This marks the end of an era, in which Google has been shopping its cyborg biz since its very own "Mr. Robot," Andy Rubin, left the company in 2014 to found Essential.

This appears to be yet another piece in a much bigger puzzle for SoftBank's tech strategy as the brainchild of Masayoshi Son plans to raise a $100 billion technology fund (as he slowly raises his pinky to the corner of his mouth).

They Took Err Jobs!

Ford (+0.27%) is giving a whole new meaning to "flexible work arrangement." The Michigan-based, blue-collar auto brand is offering severance packages to 15,000 white-collar workers in hopes (at least) that 1,400 employees will take the bait.

Ex-CEO Mark Fields initiated the $3 billion annual cost-saving plan right before being swapped out for the more tech-focused leader, Jim Hackett.

Now, the #2 U.S. automaker looks to meet the capital intensive demands of a rapidly changing auto industry and trim some unnecessary fat in the process.

So get down to your local Ford dealer, these silver parachutes are going fast!

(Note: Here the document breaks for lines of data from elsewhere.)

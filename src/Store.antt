-- ===== src/Store.antt =====
-- The API server as a store of objects by kind and name: what the documentation says of the calls of
-- a client that reads from the server, with no other writer between the calls of one run, and with no
-- object that waits for its deletion (a deletion takes effect at once).
pub mod Others
pub mod Create
pub mod Trigger
pub mod Unhooked
pub mod Hooks
pub mod Generate
pub mod Workload
pub mod Delivery
pub mod Cleanup
pub mod Share
pub mod Overrun
pub mod Touched
pub mod Restart
pub mod Reconcile
pub mod Made
pub mod Start
pub mod Finish
pub mod Pod
pub mod Sets
pub mod Launch
pub mod Round
pub mod Service
pub mod Worked
use cloudrun.Base.{
  ◌≡◌, ◌≢◌, ◌⊎◌, inl, inr, String, Dict, Bool, true, false, Option, none, some, ℤ, List, ◌∷◌,
}
use cloudrun.Types.{NamespacedName}
use cloudrun.Api.Builder.{BuilderSpec}
use cloudrun.Api.Deployer.{ContainerSpec, Deployer, DeployerSpec, DeployerStatus}
use cloudrun.Api.Schema.{default_builder, default_deployer}
use cloudrun.Cluster.Workloads.{ServiceSpec}
use cloudrun.Cluster.Outcome.{Error, ok, err, is_not_found}
use cloudrun.Cluster.Client.{Cluster, Kind, Obj, Spec, builder, deployer, service}
use cloudrun.Core.Context.{object_key}

abbrev pub Objects : Type 0
Objects = (k : Kind) → NamespacedName → Option (Obj k)

-- All objects but that of one kind and name are as they were.
abbrev pub KeepsOthers : Objects → Objects → Kind → NamespacedName → Type 0
KeepsOthers before after k n =
    (j : Kind) (m : NamespacedName) → (after j m ≡ before j m) ⊎ ((j ≡ k) × (m ≡ n))

-- One object was written: it has a spec, and no other has changed.
pub record Wrote (before after : Objects) (k : Kind) (n : NamespacedName) (spec : Spec k)
    : Type 0 where
  pub stored : Obj k
  pub there : after k n ≡ some stored
  pub same_spec : stored.spec ≡ spec
  pub others : KeepsOthers before after k n

pub record IsStore (K : Cluster) : Type 1 where
  pub objects : K.World → Objects
  -- What the server makes of a spec: it sets some of what is left out. Of the builders and the
  -- deployers, that is what the schema says; the selector of a service is none of it.
  pub fill : (k : Kind) → Spec k → Spec k
  pub fill-builder : (spec : BuilderSpec) → fill builder spec ≡ default_builder spec
  pub fill-deployer : (spec : DeployerSpec) → fill deployer spec ≡ default_deployer spec
  pub fill-selector : (spec : ServiceSpec) → (fill service spec).selector ≡ spec.selector
  -- Whether the server admits an object, in place of the stored one, if there is one: its schema,
  -- and the checks of its kind.
  pub admits : (k : Kind) → Option (Obj k) → Obj k → Bool
  -- A deployer that is stored was admitted; the schema asks nothing of the round, of the image of a
  -- container, of the pool and of the status, and the rest may stay.
  pub admits-deployer :
      (w : K.World) (n : NamespacedName) (d : Deployer) (c : ContainerSpec)
      (cs : List ContainerSpec) (round : ℤ) (image pool : String) (status : DeployerStatus)
      → objects w deployer n ≡ some d
      → d.spec.containers ≡ c ∷ cs
      → admits deployer (some d) (record d {
        spec = record d.spec {
          round = round;
          containers = record c { image = image } ∷ cs;
          resource_pool = pool;
        };
        status = status;
      })
        ≡ true
  -- An object is stored under its own name.
  pub objects-key :
      (k : Kind) (n : NamespacedName) (w : K.World) (o : Obj k)
      → objects w k n ≡ some o
      → object_key o ≡ n
  -- A lookup answers with what is stored, or that nothing is.
  pub get-some :
      (k : Kind) (n : NamespacedName) (w : K.World) (o : Obj k)
      → objects w k n ≡ some o
      → K.get k n w ≡ (ok o, w)
  pub get-none :
      (k : Kind) (n : NamespacedName) (w : K.World)
      → objects w k n ≡ none
      → (e : Error) × (is_not_found e ≡ true) × (K.get k n w ≡ (err e, w))
  -- An object that is stored is updated, if it is admitted and the resource version is that of the
  -- stored one.
  pub update-some :
      (k : Kind) (o p : Obj k) (w : K.World)
      → objects w k (object_key o) ≡ some p
      → o.meta.resource_version ≡ p.meta.resource_version
      → admits k (some p) o ≡ true
      → (q : Obj k) × (v : K.World) × (K.update k o w ≡ (ok q, v))
        × Wrote (objects w) (objects v) k (object_key o) (fill k o.spec)
  pub create-none :
      (k : Kind) (o : Obj k) (w : K.World)
      → objects w k (object_key o) ≡ none
      → admits k none o ≡ true
      → (q : Obj k) × (v : K.World) × (K.create k o w ≡ (ok q, v))
        × Wrote (objects w) (objects v) k (object_key o) (fill k o.spec)
  pub delete-some :
      (k : Kind) (o p : Obj k) (w : K.World)
      → objects w k (object_key o) ≡ some p
      → (v : K.World) × (K.delete k o w ≡ (ok tt, v))
        × (objects v k (object_key o) ≡ none)
        × KeepsOthers (objects w) (objects v) k (object_key o)
  -- The status of an object that is stored as given but for its status is written, and answered.
  pub update_status-some :
      (k : Kind) (o p : Obj k) (w : K.World)
      → objects w k (object_key o) ≡ some p
      → o.meta.resource_version ≡ p.meta.resource_version
      → o.spec ≡ p.spec
      → (q : Obj k) × (v : K.World) × (K.update_status k o w ≡ (ok q, v))
        × (objects v k (object_key o) ≡ some q)
        × (q.status ≡ o.status)
        × (q.spec ≡ o.spec)
        × KeepsOthers (objects w) (objects v) k (object_key o)
  -- Of the header, a write of the status changes the resource version alone.
  pub update_status-meta :
      (k : Kind) (o p q : Obj k) (w v : K.World)
      → objects w k (object_key o) ≡ some p
      → o.meta ≡ p.meta
      → K.update_status k o w ≡ (ok q, v)
      → (version : String) × (q.meta ≡ record p.meta { resource_version = version })
  -- An object is registered under its own kind; a new UUID, the order of a map and the time are not the
  -- server's.
  pub gvk_for_object-self : (k : Kind) → K.gvk_for_object k ≡ ok k
  pub objects-new_uuid : (w : K.World) → objects (K.new_uuid w).1 ≡ objects w
  pub objects-range_map : (d : Dict) (w : K.World) → objects (K.range_map d w).1 ≡ objects w
  pub objects-now : (w : K.World) → objects (K.now w).1 ≡ objects w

Welcome to the Big Leagues

The new kids on the block: Facebook (-3.30%), Apple (-3.88%), Alphabet (-3.40%) and Amazon (-3.16%) have been carrying the Nasdaq and S&P on their backs all year.

That is until a Goldman Sachs report, released Friday, compared them to the Fab Five of tech: Cisco (-0.76%), Oracle (-0.86%), Intel (-2.11%), Lucent and... Microsoft, and quickly erased $95 billion of their $600 billion run.

The report takeaways:

  • The "new kids" have better cash flows and are financially stable.
  • But, they made up 40% of S&P 500's gain at only 13% of the index.
  • A valuation that feels oddly similar to where the "Fab Five" stood before the tech crash of 2000…

Investors had heard enough. Commence the sell-off.

What Else Is Happening…

  • Investors had heard enough. Commence the sell-off.
  • Four years after Bowlmor AMF bowling narrowly avoided a corporate gutterball, private equity firm Atairos Group will buy it for more than $1 billion.
  • Japanese conglomerate Toshiba will spend $3.7 billion to finish building two nuclear reactors in Georgia.
  • Tesla just passed BMW's $61.3 billion market cap.
  • Uber's Chief Business Officer, Emil Michael, will resign as soon as today.
Economic Calendar

  • Friday (June 5th): Straight Path Communications Earnings
  • Monday: No events today
  • Tuesday: Producer Price Index
  • Wednesday: Fed Rate Announcement, May Retail Sales, Consumer Price Index, Crude Inventories
  • Thursday: Kroger Earnings; Industrial Production
  • Friday: Michigan Consumer Sentiment Index


From the Crew

Welcome back to From the Crew. This is your chance to connect with our team, while loading up some of the very best digital diamonds in the rough.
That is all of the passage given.